Closed form of sum with ceil of logarithm.

Question

I've been practicing discrete math recently and I'm stuck on this problem. Could someone help me with this, give me some hint or direction?

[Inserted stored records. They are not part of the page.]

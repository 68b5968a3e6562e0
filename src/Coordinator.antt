-- ===== src/Coordinator.antt =====
-- proxy/stream/buffer/coordinator.go: the ring of chunks that one writer fills and all the clients of
-- a stream read, its clients and its state. Each method is the section that runs under the lock, or
-- one atomic step; the log is left out. The ring is the list of its slots, and `c.Buffer` the position
-- of one of them. Times are numbers, and `write_seq` is short of an int64's limit.
pub mod Reading
pub mod Loop
mod Ring
pub mod Writing
pub mod Copies
pub mod Delivery
pub mod Draining
pub mod Restart
pub mod Lifecycle
pub mod Pump
pub mod Media
pub mod HlsWriter
pub mod Polling
pub mod Registry
mod Cleanup
pub mod Sharing
mod Examples
mod WriterExamples
mod RegistryExamples
mod HlsExamples
use streamweaver.Prelude.{
  ℕ, suc, ◌+◌, Bool, true, false, ◌&&◌, ◌||◌, Option, none, some, List, [], map, Text, Table, ℤ,
  pos, negsuc, eqb_ℤ, ltb_ℤ, add32, ◌==◌, not, length, get_elem?, set, replicate, is_empty,
  if◌then◌else◌,
}
use streamweaver.LoadBalancer.{LoadBalancerResult}

-- The errors that the program tells apart: io.EOF, the end of a context, and any other.
pub data Failure : Type 0 where
  eof canceled : Failure
  failure : Text → Failure

-- The statuses of proxy/constants.go.
abbrev pub status_client_closed : ℕ
status_client_closed = 0

abbrev pub status_server_error : ℕ
status_server_error = 1

abbrev pub status_eof : ℕ
status_eof = 2

abbrev pub status_m3u8_parsed : ℕ
status_m3u8_parsed = 3

abbrev pub status_m3u8_parse_error : ℕ
status_m3u8_parse_error = 4

abbrev pub status_incompatible : ℕ
status_incompatible = 5

-- `none` for a nil buffer. A buffer from the pool is empty.
pub record ChunkData : Type 0 where
  pub buffer : Option Text
  pub error : Option Failure
  pub status : ℕ
  pub timestamp : ℕ
  pub seq : ℕ

unfoldable pub new_chunk_data : ChunkData
new_chunk_data = record { buffer = some []; error = none; status = 0; timestamp = 0; seq = 0 }

-- Whatever the chunk held, it is as new: the old buffer goes back to the pool.
pub reset : ChunkData → ChunkData
unfolding new_chunk_data
reset c = new_chunk_data

pub data State : Type 0 where
  active draining closed : State

abbrev pub is_active : State → Bool
is_active active = true
is_active _ = false

-- What the atomic.Value `LastError` holds: nothing, a nil *ChunkData, or a pointer to a slot.
pub data LastError : Type 0 where
  unset nil_chunk : LastError
  slot : ℕ → LastError

abbrev pub is_unset : LastError → Bool
is_unset unset = true
is_unset _ = false

-- `writer_chan` tells whether the channel of capacity 1 is full, and `broadcast` counts the channels
-- that were closed to wake the readers.
pub record StreamCoordinator : Type 0 where
  pub slots : List ChunkData
  pub head : ℕ
  pub broadcast : ℕ
  pub client_count : ℤ
  pub writer_chan : Bool
  pub lb_result_on_write : Option LoadBalancerResult
  pub writer_resp_header : Option (Table (List Text))
  pub last_error : LastError
  pub stream_id : Text
  pub actual_url : Text
  pub state : State
  pub write_seq : ℕ

unfoldable pub new_stream_coordinator : Text → ℕ → StreamCoordinator
unfolding new_chunk_data
new_stream_coordinator stream_id size = record {
  slots = replicate size new_chunk_data;
  head = 0;
  broadcast = 0;
  client_count = pos 0;
  writer_chan = false;
  lb_result_on_write = none;
  writer_resp_header = none;
  last_error = nil_chunk;
  stream_id = stream_id;
  actual_url = [];
  state = active;
  write_seq = 0;
}

-- The first address set is kept.
unfoldable pub set_actual_url : Text → StreamCoordinator → StreamCoordinator
unfolding is_empty
set_actual_url url c = if is_empty c.actual_url then record c { actual_url = url } else c

unfoldable pub get_actual_url : StreamCoordinator → Text
get_actual_url c = c.actual_url

pub notify_subscribers : StreamCoordinator → StreamCoordinator
notify_subscribers c = record c { broadcast = suc c.broadcast }

-- The error result is nil on every path.
unfoldable pub register_client : StreamCoordinator → StreamCoordinator
unfolding add32
register_client c =
    let state =
      if not (is_active c.state) && eqb_ℤ c.client_count (pos 0) then active else c.state in
    record c { state = state; client_count = add32 c.client_count (pos 1) }

unfoldable pub clear_buffer : StreamCoordinator → StreamCoordinator
unfolding reset
clear_buffer c = record c { slots = map reset c.slots }

-- The last client to leave drains the stream: the writer is told to stop, unless it was told already,
-- and the readers are woken.
unfoldable pub unregister_client : StreamCoordinator → StreamCoordinator
unfolding add32 clear_buffer notify_subscribers
unregister_client c =
    let count = add32 c.client_count (negsuc 0) in
    let left = record c { client_count = count } in
    if eqb_ℤ count (pos 0)
    then notify_subscribers (
        clear_buffer
          (record left { state = draining; writer_chan = true; writer_resp_header = none }))
    else left

pub has_client : StreamCoordinator → Bool
has_client c = ltb_ℤ (pos 0) c.client_count

-- r.Next() in a ring of `n`.
pub next_position : ℕ → ℕ → ℕ
next_position n i = if suc i == n then 0 else suc i

abbrev pub is_some {ℓ} : {A : Type ℓ} → Option A → Bool
is_some none = false
is_some (some _) = true

-- A chunk that carries an error or a status.
unfoldable pub is_error : ChunkData → Bool
is_error c = is_some c.error || not (c.status == 0)

-- The slot takes over the caller's chunk, under the next sequence number.
pub filled : ℕ → ChunkData → ChunkData
filled seq chunk = record chunk { seq = seq }

-- The write into the slot that `current` was read from.
pub store : ChunkData → StreamCoordinator → StreamCoordinator
unfolding next_position is_error filled notify_subscribers
store chunk c =
    let c' = record c {
      write_seq = suc c.write_seq;
      slots = set c.slots c.head (filled (suc c.write_seq) chunk);
      head = next_position (length c.slots) c.head;
    } in
    let marked = record c' {
      last_error = if is_unset c.last_error then slot c.head else c.last_error;
      state = draining;
    } in
    notify_subscribers (if is_error chunk then marked else c')

-- The coordinator, the caller's chunk afterwards, and the result. A nil chunk is refused; any other
-- is reset in every case. A slot that is not there stands for the nil slot of the source.
pub write : Option ChunkData → StreamCoordinator → StreamCoordinator × Option ChunkData × Bool
unfolding store reset
write none c = (c, none, false)
write (some chunk) c =
    if is_active c.state
    then elim (get_elem? c.slots c.head) [
      | none ↦ (c, some (reset chunk), false)
      | some current ↦ (store chunk c, some (reset chunk), true)
    ]
    else (c, some (reset chunk), false)

-- An error chunk is written if it can be, and the stream is closed in any case.
unfoldable pub write_error : Option Failure → ℕ → ℕ → StreamCoordinator → StreamCoordinator
unfolding write new_chunk_data
write_error err status now c =
    let chunk = record new_chunk_data { error = err; status = status; timestamp = now } in
    record (write (some chunk) c).0 { state = closed }
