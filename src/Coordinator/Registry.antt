-- ===== src/Coordinator/Registry.antt =====
-- proxy/stream/buffer/registry.go: the coordinators by their key. A coordinator is named by its key;
-- each function is one call that no other interleaves with. `size` is the size of a ring.
use streamweaver.Prelude.{
  ℕ, Bool, true, Option, none, some, List, [], ◌∷◌, Text, text_eq, is_empty, Table, lookup, put,
  without, pos, eqb_ℤ, if◌then◌else◌,
}
use streamweaver.Coordinator.{
  StreamCoordinator, new_stream_coordinator, set_actual_url, get_actual_url,
}

-- The first coordinator that has the address, in the order of the map.
unfoldable pub find_by_url : Text → Table StreamCoordinator → Option Text
unfolding get_actual_url text_eq
find_by_url url [] = none
find_by_url url ((k, c) ∷ m) = if text_eq (get_actual_url c) url then some k else find_by_url url m

unfoldable pub get_coordinator_by_actual_url : Text → Table StreamCoordinator → Option Text
unfolding find_by_url is_empty
get_coordinator_by_actual_url url m = if is_empty url then none else find_by_url url m

unfoldable pub located : Text → StreamCoordinator → StreamCoordinator
unfolding set_actual_url is_empty
located url c = if is_empty url then c else set_actual_url url c

-- The key of the coordinator, and the map.
unfoldable pub get_or_create_coordinator :
    ℕ → Text → Text → Table StreamCoordinator → Text × Table StreamCoordinator
unfolding get_coordinator_by_actual_url located new_stream_coordinator lookup put
get_or_create_coordinator size stream_id url m = elim (get_coordinator_by_actual_url url m) [
  | some k ↦ (k, m)
  | none ↦ elim (lookup stream_id m) [
    | some c ↦ (stream_id, put stream_id (located url c) m)
    | none ↦ (stream_id, put stream_id (located url (new_stream_coordinator stream_id size)) m)
  ]
]

unfoldable pub remove_coordinator : Text → Table StreamCoordinator → Table StreamCoordinator
unfolding without
remove_coordinator id m = without id m

-- The coordinators that have a client stay.
unfoldable pub cleanup : Table StreamCoordinator → Table StreamCoordinator
cleanup [] = []
cleanup ((k, c) ∷ m) =
    let rest = cleanup m in if eqb_ℤ c.client_count (pos 0) then rest else (k, c) ∷ rest

-- What runCleanup receives: a tick, or the end. It runs until Shutdown.
pub data Signal : Type 0 where
  tick done : Signal

unfoldable pub run_cleanup : List Signal → Table StreamCoordinator → Table StreamCoordinator
unfolding cleanup
run_cleanup [] m = m
run_cleanup (tick ∷ signals) m = run_cleanup signals (cleanup m)
run_cleanup (done ∷ signals) m = m

-- Whether the channel is closed, and the map; closing it twice is a panic.
unfoldable pub shutdown : Bool × Table StreamCoordinator → Option (Bool × Table StreamCoordinator)
shutdown (closed, m) = if closed then none else some (true, [])
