-- ===== src/Coordinator/Cleanup.antt =====
-- Which coordinators the registry's cleanup removes.
use streamweaver.Prelude.{
  ◌≡◌, refl, ◌∙◌, ℕ, false, none, some, List, [], ◌∷◌, arith, Text, text_eq_refl, Table, lookup,
  lookup-put, put, pos, eqb_ℤ,
}
use streamweaver.Coordinator.{StreamCoordinator, new_stream_coordinator}
use streamweaver.Coordinator.Registry.{
  cleanup, run_cleanup, Signal, tick, done, get_or_create_coordinator,
  get_coordinator_by_actual_url, located,
}

cleanup-missing :
    (id : Text) (m : Table StreamCoordinator) → lookup id m ≡ none → lookup id (cleanup m) ≡ none
unfolding cleanup lookup
cleanup-missing id [] h = refl
cleanup-missing id ((k, c) ∷ m) h = ground (arith, h, cleanup-missing id m)

cleanup-put :
    (id : Text) (c : StreamCoordinator) (m : Table StreamCoordinator)
    → lookup id m ≡ none
    → c.client_count ≡ pos 0
    → lookup id (cleanup (put id c m)) ≡ none
unfolding cleanup lookup put
cleanup-put id c [] h z = ground (arith, z)
cleanup-put id c ((k, d) ∷ m) h z = ground (arith, h, z, cleanup-put id c m, cleanup-missing id m)

cleanup-occupied :
    (id : Text) (c : StreamCoordinator) (m : Table StreamCoordinator)
    → lookup id m ≡ some c
    → eqb_ℤ c.client_count (pos 0) ≡ false
    → lookup id (cleanup m) ≡ some c
unfolding cleanup lookup
cleanup-occupied id c [] h z = h
cleanup-occupied id c ((k, d) ∷ m) h z = ground (arith, h, z, cleanup-occupied id c m)

-- A coordinator that has a client stays as it is, however often the cleanup runs.
pub run_cleanup-occupied :
    (id : Text) (c : StreamCoordinator) (signals : List Signal) (m : Table StreamCoordinator)
    → lookup id m ≡ some c
    → eqb_ℤ c.client_count (pos 0) ≡ false
    → lookup id (run_cleanup signals m) ≡ some c
unfolding run_cleanup
run_cleanup-occupied id c [] m h z = h
run_cleanup-occupied id c (tick ∷ signals) m h z =
    run_cleanup-occupied id c signals (cleanup m) (cleanup-occupied id c m h z) z
run_cleanup-occupied id c (done ∷ signals) m h z = h

new-idle : (id : Text) (size : ℕ) → (new_stream_coordinator id size).client_count ≡ pos 0
unfolding new_stream_coordinator
new-idle id size = refl

create-missing :
    (size : ℕ) (id : Text) (m : Table StreamCoordinator)
    → lookup id m ≡ none
    → get_or_create_coordinator size id [] m ≡ (id, put id (new_stream_coordinator id size) m)
unfolding get_or_create_coordinator get_coordinator_by_actual_url located
create-missing size id m h = ground (arith, h)

-- A request for a stream without a coordinator is given a new one, as handleStream asks for it, and the cleanup runs
-- before the request's client is registered, as it may while the load balancer tries the sources. Then
-- the coordinator is out of the registry, and the next request for the stream is given another new one.
pub cleanup-handed_out :
    (size : ℕ) (id : Text) (m : Table StreamCoordinator)
    → lookup id m ≡ none
    → let m' = (get_or_create_coordinator size id [] m).1 in
      (lookup id m' ≡ some (new_stream_coordinator id size))
      × (lookup id (cleanup m') ≡ none)
      × (get_or_create_coordinator size id [] (cleanup m')
          ≡ (id, put id (new_stream_coordinator id size) (cleanup m')))
cleanup-handed_out size id m h =
    let c = new_stream_coordinator id size in
    let gone : lookup id (cleanup (put id c m)) ≡ none = cleanup-put id c m h (new-idle id size) in
    rw (create-missing size id m h) (
      lookup-put id id c m ∙ rw (text_eq_refl id) refl,
      gone,
      create-missing size id (cleanup (put id c m)) gone,
    )
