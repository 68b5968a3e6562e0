-- ===== src/Coordinator/Reading.antt =====
-- ReadChunks of proxy/stream/buffer/coordinator.go, by a client at a position of the ring.
use streamweaver.Prelude.{
  ℕ, zero, suc, ◌+◌, Bool, false, ◌&&◌, Option, none, some, List, [], ◌∷◌, Text, ltb, ◌==◌, length,
  get_elem?, is_empty, not, if◌then◌else◌,
}
use streamweaver.Coordinator.{
  ChunkData, StreamCoordinator, unset, nil_chunk, slot, is_active, is_error, next_position,
}

-- The reader sleeps until it is woken, or has the chunks, an error chunk, and its next position.
pub data Read : Type 0 where
  blocked : Read
  got : List ChunkData → Option ChunkData → ℕ → Read

abbrev pub has_data : Option Text → Bool
has_data none = false
has_data (some b) = not (is_empty b)

-- The copy that the client gets of a chunk with data.
unfoldable pub copied : ChunkData → ChunkData
copied c = record { buffer = c.buffer; error = none; status = 0; timestamp = c.timestamp; seq = 0 }

unfoldable pub error_copy : ChunkData → ChunkData
error_copy c = record {
  buffer = none;
  error = c.error;
  status = c.status;
  timestamp = c.timestamp;
  seq = 0;
}

unfoldable pub add_chunk : ChunkData → List ChunkData → List ChunkData
unfolding copied is_empty
add_chunk c rest = if has_data c.buffer then copied c ∷ rest else rest

-- The error chunk that the loop keeps is the last one that it meets.
unfoldable pub add_error : ChunkData → Option ChunkData → Option ChunkData
unfolding error_copy is_error
add_error c none = if is_error c then some (error_copy c) else none
add_error c (some later) = some later

-- The loop from `current` up to the writer's position. It leaves after a whole round, so the number of
-- slots is enough fuel.
unfoldable pub collect : ℕ → List ChunkData → ℕ → ℕ → List ChunkData × Option ChunkData
unfolding add_chunk add_error next_position
collect zero slots head current = ([], none)
collect (suc fuel) slots head current =
    let rest = collect fuel slots head (next_position (length slots) current) in
    if current == head then ([], none) else elim (get_elem? slots current) [
      | none ↦ rest
      | some c ↦ (add_chunk c rest.0, add_error c rest.1)
    ]

-- The chunk that LastError points to.
unfoldable pub last_error_chunk : StreamCoordinator → Option ChunkData
last_error_chunk c = elim c.last_error [
  | unset ↦ none
  | nil_chunk ↦ none
  | slot i ↦ get_elem? c.slots i
]

abbrev pub or_else {ℓ} : {A : Type ℓ} → Option A → Option A → Option A
or_else (some a) o = some a
or_else none o = o

-- The part after the test for a stale position: it runs again, at the same position, when the reader
-- is woken.
unfoldable pub resume : ℕ → StreamCoordinator → Read
unfolding collect last_error_chunk
resume from c =
    let (chunks, err) = collect (length c.slots) c.slots c.head from in
    if from == c.head && is_active c.state
    then blocked
    else got chunks (or_else err (last_error_chunk c)) c.head

-- A position whose chunk is older than a round goes to the writer's position; `seq < write_seq - size`
-- is written without the difference, which may be negative.
unfoldable pub is_stale : StreamCoordinator → ℕ → Bool
is_stale c from = elim (get_elem? c.slots from) [
  | none ↦ false
  | some cd ↦ ltb (cd.seq + length c.slots) c.write_seq
]

unfoldable pub start : StreamCoordinator → Option ℕ → ℕ
unfolding is_stale
start c none = if is_stale c c.head then c.head else c.head
start c (some from) = if is_stale c from then c.head else from

unfoldable pub read_chunks : Option ℕ → StreamCoordinator → Read
unfolding start resume
read_chunks from c = resume (start c from) c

The problem is:

Find the closed form of $\sum_{k=1}^n \lceil{log_{2}k}\rceil$

Thank you in advance!

Answer 1

Let $p=\lfloor\log_2{n}\rfloor$, then \begin{align*} \sum_{k=1}^n \lceil \log_2{k} \rceil&=\sum_{k=1}^{2^0}\lceil \log_2{k} \rceil+\sum_{k=2^0+1}^{2^1}\lceil \log_2{k} \rceil+\cdots+\sum_{k=2^{p-1}+1}^{2^p}\lceil \log_2{k} \rceil+\sum_{k=2^p+1}^n\lceil \log_2{k} \rceil\\ &=0+1\cdot\left(2^1-2^0\right)+2\cdot\left(2^2-2^1\right)+\cdots+p\cdot\left(2^p-2^{p-1}\right)+(p+1)\cdot \left(n-2^p\right)\\ &=1\cdot 2^0+2\cdot 2^1+\cdots +p\cdot 2^{p-1}+(p+1)\left(n-2^p\right)\\ &=\sum_{i=1}^pi\cdot 2^{i-1}+(p+1)\left(n-2^p\right)\\ &=(p-1)\cdot 2^p+(p+1)\left(n-2^p\right)+1 \end{align*} Here are some explanations \begin{align*} I&=\sum_{i=1}^pi\cdot 2^{i-1}\tag*{(1)}\\ 2I&=\sum_{i=1}^pi\cdot 2^{i}\tag*{(2)} \end{align*} You can make a difference between these two equations, then \begin{align*} -I&=\sum_{i=0}^{p-1}2^{i}-p\cdot 2^p=(1-p)\cdot 2^p-1\\ I&=(p-1)\cdot 2^p+1 \end{align*} So the proof is done.

Answer 2

Observation being part of science, doing what @Jean Marie suggested in comments, the first $\lceil \log_2 (k)\rceil$ are $$\{0,1,2,2,3,3,3,3,4,4,4,4,4,4,4,4,5,5,5,5\}$$ and the partial sums $$S_n=\sum_{k=1}^n \lceil{\log_{2}k}\rceil$$ are $$\{0,1,3,5,8,11,14,17,21,25,29,33,37,41,45,49,54,59,64,69\}$$ which are no more than

$$S_n=n \lceil \log_2 (n)\rceil -2^{\lceil \log_2 (n)\rceil }+1$$

$S_n$ is in fact the number of digits in the binary representation of all the numbers $1$ to $(n-1)$.

These numbers form sequence $A001855$ in $OEIS$ where you could find much more information.